Collected data entries:

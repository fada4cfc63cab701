-- ===== src/Syscall.antt =====
-- The entry of system calls (kernel/src/syscall).
pub mod Validation
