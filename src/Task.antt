-- ===== src/Task.antt =====
-- kernel/src/task: threads and the scheduler.
pub mod Thread
pub mod Scheduler
pub mod Signals
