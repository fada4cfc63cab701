-- ===== src/Vfs.antt =====
-- kernel/src/vfs: pipes, and the vnode and descriptor tables.
pub mod Pipe
pub mod Vnode
pub mod Descriptor
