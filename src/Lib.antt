-- ===== src/Lib.antt =====
-- fusion-wizard, a Kubernetes operator that runs wizards: ordered steps that create resources in
-- the services forge, index and weave, and that are rolled back when a run is deleted.
--
-- How the parts interact: the run controller expands a definition and its parameter values to a
-- plan, and advances the run through the plan's step instances. A step's params are templates,
-- resolved against the values, the instance config and the outputs of earlier steps. A step makes a
-- resource exist through `ensure`, which records the step's reference in the ledger, one
-- WizardResource for each upstream resource; `Rollback` releases the references of a run and deletes
-- what nobody refers to any more.
--
-- Files and what they model:
--   Api        api/v1alpha1/wizard{definition,run,resource}_types.go
--   Errors     the chains of errors, and what is asked of them: internal/upstream/client.go
--              (APIError, IsTransient) and internal/steps/step.go (IsPermanent)
--   Action     calls that change the world and may fail, as functions on an explicit world
--   Cluster    the Kubernetes client, a parameter
--   Ledger     internal/ledger/ledger.go; its children hold the changes of one entry (Entry,
--              Protocol), the set of its holders that they refine (Holders), what is assumed of the API server (Laws), what every call guarantees
--              (Guarantee, Outcomes), the names of entries (Name) and a server in memory that meets the assumptions (Memory)
--   Params     internal/params: template.go (Template, Render), filters.go (Filters) and
--              parameters.go (Parameters)
--   Plan       internal/plan/plan.go
--   Steps      internal/steps: step.go, ensure.go, rollback.go and catalog.go (the catalogue's tables
--              in Catalog, checkRefs and checkForEach in References, ValidateDefinition in Validate);
--              App has the checks on params of appstep.go and weavesteps.go, Forge the gitWatcher and
--              waitBuild steps of forgesteps.go, Tagging tagstep.go, Numbers the texts of IDs
--   Controller internal/controller/run_controller.go: Reconcile with reconcileApply, reconcileDelete
--              and rollback (Reconcile), advance (Advance), runInstance (Instance), retryDelay
--              (Backoff), and the helpers on a run's status (Status)
--   Server     internal/apiserver: auth.go (Auth), respond.go (Reply) and of runs.go the handlers on
--              one run (Runs), bulkRollback (Bulk) and createRun (Create)
--   Prelude    the shared helpers; the Examples of a part run its theorems on concrete inputs
--
-- Names are the source's in snake case. Texts are lists of bytes, `ToLower` and `TrimSpace` are
-- modelled on ASCII. A message is kept as its format and arguments. Structs that the source changes
-- through pointers are passed along. Times and durations are whole seconds. An int32 counter of
-- failures stays below ten, so it does not wrap.
--
-- Bounds and fuel: `ensure` has the five rounds of the source. The loop of `retryDelay` is given as
-- many rounds as there are failures, and the template parser is structural in the text, with the
-- number of bytes that it still has to skip. `RetryOnConflict` is a parameter that makes any finite
-- number of attempts.
--
-- The world is a parameter: a call of the API server may find that other clients acted before it.
-- Ledger/Laws states what is assumed of it: the others keep to the ledger's protocol, a create goes
-- through only where there is no object, and an update only where the object is as it was read. Reads
-- come from the cache of the manager's client (cmd/main.go): what a read finds the server holds or
-- has held, and a read that finds nothing says nothing of the server.
--
-- Reconcile's client is the parameter Kube, and the API server's is RunStore; a patch gives the run
-- that the server then holds. Controller/Reconcile/Rollback states that the reconciler is the only
-- writer of a run's status.
--
-- Not modelled: the steps on weave, which take their requests to the service; of
-- the API server the listing of runs and the views of definitions and resources; the
-- instance config. SHA-256 is a parameter, and the theorems on the ledger hold for any naming of its
-- entries (Ledger/Name has the source's). HTTP, JSON, YAML, routing, logging and start-up are input
-- and output.
pub mod Action
pub mod Api
pub mod Cluster
pub mod Controller
pub mod Errors
pub mod Ledger
pub mod Params
pub mod Plan
pub mod Prelude
pub mod Server
pub mod Steps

▶ **Work required**
Nothing in the records should be left out; write all of them out again exactly.

▶ **Result of the exercise**
repository fada4cfc63cab701
-- ===== src/Syscall.antt =====
-- The entry of system calls (kernel/src/syscall).
pub mod Validation
filename src/Task.antt
-- ===== src/Task.antt =====
-- kernel/src/task: threads and the scheduler.
pub mod Thread
pub mod Scheduler
pub mod Signals
repository fada4cfc63cab701
-- ===== src/Vfs.antt =====
-- kernel/src/vfs: pipes, and the vnode and descriptor tables.
pub mod Pipe
pub mod Vnode
pub mod Descriptor
filename src/Lib.antt
-- ===== src/Lib.antt =====
-- fusion-wizard, a Kubernetes operator that runs wizards: ordered steps that create resources in
-- the services forge, index and weave, and that are rolled back when a run is deleted.
--
-- How the parts interact: the run controller expands a definition and its parameter values to a
-- plan, and advances the run through the plan's step instances. A step's params are templates,
-- resolved against the values, the instance config and the outputs of earlier steps. A step makes a
-- resource exist through `ensure`, which records the step's reference in the ledger, one
-- WizardResource for each upstream resource; `Rollback` releases the references of a run and deletes
-- what nobody refers to any more.
--
-- Files and what they model:
--   Api        api/v1alpha1/wizard{definition,run,resource}_types.go
--   Errors     the chains of errors, and what is asked of them: internal/upstream/client.go
--              (APIError, IsTransient) and internal/steps/step.go (IsPermanent)
--   Action     calls that change the world and may fail, as functions on an explicit world
--   Cluster    the Kubernetes client, a parameter
--   Ledger     internal/ledger/ledger.go; its children hold the changes of one entry (Entry,
--              Protocol), the set of its holders that they refine (Holders), what is assumed of the API server (Laws), what every call guarantees
--              (Guarantee, Outcomes), the names of entries (Name) and a server in memory that meets the assumptions (Memory)
--   Params     internal/params: template.go (Template, Render), filters.go (Filters) and
--              parameters.go (Parameters)
--   Plan       internal/plan/plan.go
--   Steps      internal/steps: step.go, ensure.go, rollback.go and catalog.go (the catalogue's tables
--              in Catalog, checkRefs and checkForEach in References, ValidateDefinition in Validate);
--              App has the checks on params of appstep.go and weavesteps.go, Forge the gitWatcher and
--              waitBuild steps of forgesteps.go, Tagging tagstep.go, Numbers the texts of IDs
--   Controller internal/controller/run_controller.go: Reconcile with reconcileApply, reconcileDelete
--              and rollback (Reconcile), advance (Advance), runInstance (Instance), retryDelay
--              (Backoff), and the helpers on a run's status (Status)
--   Server     internal/apiserver: auth.go (Auth), respond.go (Reply) and of runs.go the handlers on
--              one run (Runs), bulkRollback (Bulk) and createRun (Create)
--   Prelude    the shared helpers; the Examples of a part run its theorems on concrete inputs
--
-- Names are the source's in snake case. Texts are lists of bytes, `ToLower` and `TrimSpace` are
-- modelled on ASCII. A message is kept as its format and arguments. Structs that the source changes
-- through pointers are passed along. Times and durations are whole seconds. An int32 counter of
-- failures stays below ten, so it does not wrap.
--
-- Bounds and fuel: `ensure` has the five rounds of the source. The loop of `retryDelay` is given as
-- many rounds as there are failures, and the template parser is structural in the text, with the
-- number of bytes that it still has to skip. `RetryOnConflict` is a parameter that makes any finite
-- number of attempts.
--
-- The world is a parameter: a call of the API server may find that other clients acted before it.
-- Ledger/Laws states what is assumed of it: the others keep to the ledger's protocol, a create goes
-- through only where there is no object, and an update only where the object is as it was read. Reads
-- come from the cache of the manager's client (cmd/main.go): what a read finds the server holds or
-- has held, and a read that finds nothing says nothing of the server.
--
-- Reconcile's client is the parameter Kube, and the API server's is RunStore; a patch gives the run
-- that the server then holds. Controller/Reconcile/Rollback states that the reconciler is the only
-- writer of a run's status.
--
-- Not modelled: the steps on weave, which take their requests to the service; of
-- the API server the listing of runs and the views of definitions and resources; the
-- instance config. SHA-256 is a parameter, and the theorems on the ledger hold for any naming of its
-- entries (Ledger/Name has the source's). HTTP, JSON, YAML, routing, logging and start-up are input
-- and output.
pub mod Action
pub mod Api
pub mod Cluster
pub mod Controller
pub mod Errors
pub mod Ledger
pub mod Params
pub mod Plan
pub mod Prelude
pub mod Server
pub mod Steps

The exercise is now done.